*** Opening Recorded information ***

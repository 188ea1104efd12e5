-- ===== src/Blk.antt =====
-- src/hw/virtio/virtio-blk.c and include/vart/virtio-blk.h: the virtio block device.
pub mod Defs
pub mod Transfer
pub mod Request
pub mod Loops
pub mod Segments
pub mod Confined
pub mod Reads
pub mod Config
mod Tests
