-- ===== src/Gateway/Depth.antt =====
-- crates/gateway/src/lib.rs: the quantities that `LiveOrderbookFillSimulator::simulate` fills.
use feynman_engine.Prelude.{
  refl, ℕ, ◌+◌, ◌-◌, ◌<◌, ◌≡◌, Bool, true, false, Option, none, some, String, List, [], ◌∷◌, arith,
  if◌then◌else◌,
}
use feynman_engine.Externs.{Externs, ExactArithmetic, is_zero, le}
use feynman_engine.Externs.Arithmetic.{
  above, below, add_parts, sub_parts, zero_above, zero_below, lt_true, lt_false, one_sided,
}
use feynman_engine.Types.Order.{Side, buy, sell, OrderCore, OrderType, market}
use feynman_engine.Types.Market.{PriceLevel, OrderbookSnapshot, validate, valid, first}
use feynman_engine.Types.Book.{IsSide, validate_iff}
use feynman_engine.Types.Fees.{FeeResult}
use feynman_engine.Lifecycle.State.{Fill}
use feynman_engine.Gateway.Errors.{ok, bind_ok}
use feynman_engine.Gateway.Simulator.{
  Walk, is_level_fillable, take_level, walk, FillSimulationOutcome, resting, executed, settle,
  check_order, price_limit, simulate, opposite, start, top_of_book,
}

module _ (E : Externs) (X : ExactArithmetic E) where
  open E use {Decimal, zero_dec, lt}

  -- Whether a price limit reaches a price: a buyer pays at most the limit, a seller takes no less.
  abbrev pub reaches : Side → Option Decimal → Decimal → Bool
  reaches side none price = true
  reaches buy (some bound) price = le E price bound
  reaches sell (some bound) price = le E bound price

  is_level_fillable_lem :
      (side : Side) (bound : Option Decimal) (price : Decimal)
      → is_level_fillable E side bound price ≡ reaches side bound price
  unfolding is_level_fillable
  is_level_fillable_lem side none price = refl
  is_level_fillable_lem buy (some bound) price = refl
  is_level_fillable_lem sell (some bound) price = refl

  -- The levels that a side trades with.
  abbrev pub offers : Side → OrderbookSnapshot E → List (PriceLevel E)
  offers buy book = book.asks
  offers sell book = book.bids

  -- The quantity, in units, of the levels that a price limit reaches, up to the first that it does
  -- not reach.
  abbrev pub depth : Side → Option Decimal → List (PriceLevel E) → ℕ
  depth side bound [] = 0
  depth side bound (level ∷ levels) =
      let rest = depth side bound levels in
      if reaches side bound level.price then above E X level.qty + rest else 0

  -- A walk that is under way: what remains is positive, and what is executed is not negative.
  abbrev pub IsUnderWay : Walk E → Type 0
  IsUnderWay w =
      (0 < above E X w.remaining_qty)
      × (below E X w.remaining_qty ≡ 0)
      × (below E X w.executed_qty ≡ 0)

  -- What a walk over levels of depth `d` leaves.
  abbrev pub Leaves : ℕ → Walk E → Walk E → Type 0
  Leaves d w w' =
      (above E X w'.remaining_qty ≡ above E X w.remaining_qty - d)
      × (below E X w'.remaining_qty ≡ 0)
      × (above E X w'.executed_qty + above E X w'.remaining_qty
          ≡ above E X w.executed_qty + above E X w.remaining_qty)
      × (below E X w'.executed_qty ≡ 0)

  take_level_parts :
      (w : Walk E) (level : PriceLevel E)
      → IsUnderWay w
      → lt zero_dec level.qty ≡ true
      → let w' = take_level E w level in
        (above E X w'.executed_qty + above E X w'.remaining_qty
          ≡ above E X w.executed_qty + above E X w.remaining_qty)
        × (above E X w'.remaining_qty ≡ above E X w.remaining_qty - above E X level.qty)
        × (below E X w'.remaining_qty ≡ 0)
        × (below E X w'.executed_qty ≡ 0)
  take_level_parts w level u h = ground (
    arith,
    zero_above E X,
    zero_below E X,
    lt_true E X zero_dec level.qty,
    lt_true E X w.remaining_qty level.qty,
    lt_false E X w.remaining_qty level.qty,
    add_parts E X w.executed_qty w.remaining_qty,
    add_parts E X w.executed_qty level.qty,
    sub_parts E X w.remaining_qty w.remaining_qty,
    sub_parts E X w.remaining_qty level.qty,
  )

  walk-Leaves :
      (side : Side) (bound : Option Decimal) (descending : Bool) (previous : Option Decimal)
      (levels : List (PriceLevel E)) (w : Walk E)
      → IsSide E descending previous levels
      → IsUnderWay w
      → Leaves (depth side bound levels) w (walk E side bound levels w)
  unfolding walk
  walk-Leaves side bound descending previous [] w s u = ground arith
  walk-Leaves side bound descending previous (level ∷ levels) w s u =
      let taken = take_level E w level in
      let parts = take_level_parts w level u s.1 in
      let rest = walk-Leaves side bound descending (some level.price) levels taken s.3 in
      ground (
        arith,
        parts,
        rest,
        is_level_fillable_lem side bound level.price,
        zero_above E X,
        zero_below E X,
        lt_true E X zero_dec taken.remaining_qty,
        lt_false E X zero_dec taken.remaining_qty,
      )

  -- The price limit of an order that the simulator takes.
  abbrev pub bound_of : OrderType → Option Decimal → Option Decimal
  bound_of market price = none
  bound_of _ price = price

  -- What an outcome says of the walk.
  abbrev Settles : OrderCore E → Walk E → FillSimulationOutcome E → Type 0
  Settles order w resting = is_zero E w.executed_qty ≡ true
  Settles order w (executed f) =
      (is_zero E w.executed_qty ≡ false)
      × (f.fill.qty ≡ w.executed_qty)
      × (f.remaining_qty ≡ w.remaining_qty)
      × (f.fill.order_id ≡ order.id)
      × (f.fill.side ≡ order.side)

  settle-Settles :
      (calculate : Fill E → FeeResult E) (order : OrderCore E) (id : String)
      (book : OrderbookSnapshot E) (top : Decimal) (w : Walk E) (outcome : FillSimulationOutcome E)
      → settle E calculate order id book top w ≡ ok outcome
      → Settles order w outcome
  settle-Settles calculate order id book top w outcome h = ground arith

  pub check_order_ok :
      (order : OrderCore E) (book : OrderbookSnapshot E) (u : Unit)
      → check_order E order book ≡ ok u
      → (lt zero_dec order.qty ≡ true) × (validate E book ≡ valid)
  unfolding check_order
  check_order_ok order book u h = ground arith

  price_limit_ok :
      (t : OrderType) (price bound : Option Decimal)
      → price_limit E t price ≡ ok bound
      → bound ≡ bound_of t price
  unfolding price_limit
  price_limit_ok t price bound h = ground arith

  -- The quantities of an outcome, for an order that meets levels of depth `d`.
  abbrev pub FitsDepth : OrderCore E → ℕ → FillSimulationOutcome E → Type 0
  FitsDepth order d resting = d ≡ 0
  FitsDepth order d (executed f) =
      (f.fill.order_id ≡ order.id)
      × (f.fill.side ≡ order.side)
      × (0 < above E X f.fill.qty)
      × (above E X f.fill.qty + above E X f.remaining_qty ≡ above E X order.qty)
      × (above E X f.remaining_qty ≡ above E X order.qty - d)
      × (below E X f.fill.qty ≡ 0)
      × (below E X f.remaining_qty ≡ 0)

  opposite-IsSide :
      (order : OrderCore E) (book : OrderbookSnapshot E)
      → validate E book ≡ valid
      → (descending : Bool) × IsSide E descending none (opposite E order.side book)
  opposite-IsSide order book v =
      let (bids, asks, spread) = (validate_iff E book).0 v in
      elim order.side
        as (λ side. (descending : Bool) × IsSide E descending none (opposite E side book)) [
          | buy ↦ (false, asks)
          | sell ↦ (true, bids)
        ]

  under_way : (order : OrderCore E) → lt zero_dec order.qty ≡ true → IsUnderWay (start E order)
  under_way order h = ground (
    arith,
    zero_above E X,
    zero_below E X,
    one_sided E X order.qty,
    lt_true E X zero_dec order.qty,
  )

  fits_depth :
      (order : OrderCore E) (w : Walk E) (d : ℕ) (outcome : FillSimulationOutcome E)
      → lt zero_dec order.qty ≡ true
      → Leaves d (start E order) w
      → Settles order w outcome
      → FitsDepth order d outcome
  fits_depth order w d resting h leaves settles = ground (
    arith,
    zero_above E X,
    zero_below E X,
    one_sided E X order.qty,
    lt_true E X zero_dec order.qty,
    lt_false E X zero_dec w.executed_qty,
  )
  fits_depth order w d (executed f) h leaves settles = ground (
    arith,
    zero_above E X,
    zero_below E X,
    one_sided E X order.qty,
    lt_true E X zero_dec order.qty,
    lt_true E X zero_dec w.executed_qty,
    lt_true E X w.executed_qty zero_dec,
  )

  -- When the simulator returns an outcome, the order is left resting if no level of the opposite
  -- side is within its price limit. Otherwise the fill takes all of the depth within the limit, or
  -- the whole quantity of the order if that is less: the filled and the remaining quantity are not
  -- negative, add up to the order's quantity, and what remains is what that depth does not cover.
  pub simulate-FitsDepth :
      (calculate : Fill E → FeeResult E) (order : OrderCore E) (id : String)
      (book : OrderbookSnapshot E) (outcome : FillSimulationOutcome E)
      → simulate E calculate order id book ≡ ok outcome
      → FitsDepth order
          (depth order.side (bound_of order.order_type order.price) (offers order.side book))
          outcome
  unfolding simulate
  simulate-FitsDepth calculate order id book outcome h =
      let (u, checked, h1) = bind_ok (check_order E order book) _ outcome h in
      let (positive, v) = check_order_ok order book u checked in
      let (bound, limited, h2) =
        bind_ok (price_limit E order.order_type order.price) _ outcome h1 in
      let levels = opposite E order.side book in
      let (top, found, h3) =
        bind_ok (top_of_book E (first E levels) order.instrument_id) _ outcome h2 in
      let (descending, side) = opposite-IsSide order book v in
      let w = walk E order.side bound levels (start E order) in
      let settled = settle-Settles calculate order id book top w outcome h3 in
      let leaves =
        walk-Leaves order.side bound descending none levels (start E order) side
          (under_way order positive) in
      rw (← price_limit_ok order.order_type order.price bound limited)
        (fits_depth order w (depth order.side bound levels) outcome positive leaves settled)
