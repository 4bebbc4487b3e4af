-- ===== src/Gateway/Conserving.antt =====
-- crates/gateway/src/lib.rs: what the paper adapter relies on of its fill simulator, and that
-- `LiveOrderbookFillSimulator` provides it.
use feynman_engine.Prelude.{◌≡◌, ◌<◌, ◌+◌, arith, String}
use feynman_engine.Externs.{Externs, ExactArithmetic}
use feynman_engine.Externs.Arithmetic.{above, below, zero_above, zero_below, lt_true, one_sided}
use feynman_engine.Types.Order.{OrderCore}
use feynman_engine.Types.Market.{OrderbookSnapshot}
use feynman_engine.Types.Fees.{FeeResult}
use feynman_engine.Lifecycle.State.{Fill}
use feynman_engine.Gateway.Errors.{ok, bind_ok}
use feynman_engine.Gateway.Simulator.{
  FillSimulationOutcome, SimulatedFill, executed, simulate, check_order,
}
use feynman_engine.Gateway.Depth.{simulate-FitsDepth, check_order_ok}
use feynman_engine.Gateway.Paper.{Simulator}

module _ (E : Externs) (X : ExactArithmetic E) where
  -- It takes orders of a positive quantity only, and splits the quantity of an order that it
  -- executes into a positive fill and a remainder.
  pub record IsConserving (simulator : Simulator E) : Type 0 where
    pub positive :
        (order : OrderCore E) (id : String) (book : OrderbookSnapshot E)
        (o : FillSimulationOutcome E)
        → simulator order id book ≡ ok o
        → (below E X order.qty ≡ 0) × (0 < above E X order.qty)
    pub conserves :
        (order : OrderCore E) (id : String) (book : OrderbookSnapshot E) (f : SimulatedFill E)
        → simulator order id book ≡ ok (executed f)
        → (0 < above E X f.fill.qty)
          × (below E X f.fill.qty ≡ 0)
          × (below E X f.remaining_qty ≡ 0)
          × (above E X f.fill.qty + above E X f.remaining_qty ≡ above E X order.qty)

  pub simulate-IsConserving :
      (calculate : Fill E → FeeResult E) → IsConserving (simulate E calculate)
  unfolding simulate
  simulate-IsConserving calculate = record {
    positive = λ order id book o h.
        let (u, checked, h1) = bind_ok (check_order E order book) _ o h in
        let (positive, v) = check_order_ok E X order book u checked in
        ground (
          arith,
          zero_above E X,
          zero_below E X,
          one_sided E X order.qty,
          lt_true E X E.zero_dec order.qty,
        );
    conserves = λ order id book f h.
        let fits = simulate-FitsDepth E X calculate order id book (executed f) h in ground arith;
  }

*** Closing Recorded information ***

> [Task objective]:
Write out word for word only the lines from the start of the entries down to the line with "-- crates/gateway/src/lib.rs: the", please, including both ends.

> [Answer area]:
repository 188ea1104efd12e5
-- ===== src/Blk.antt =====
-- src/hw/virtio/virtio-blk.c and include/vart/virtio-blk.h: the virtio block device.
pub mod Defs
pub mod Transfer
pub mod Request
pub mod Loops
pub mod Segments
pub mod Confined
pub mod Reads
pub mod Config
mod Tests
-- ===== src/Gateway/Depth.antt =====
-- crates/gateway/src/lib.rs: the quantities that `LiveOrderbookFillSimulator::simulate` fills.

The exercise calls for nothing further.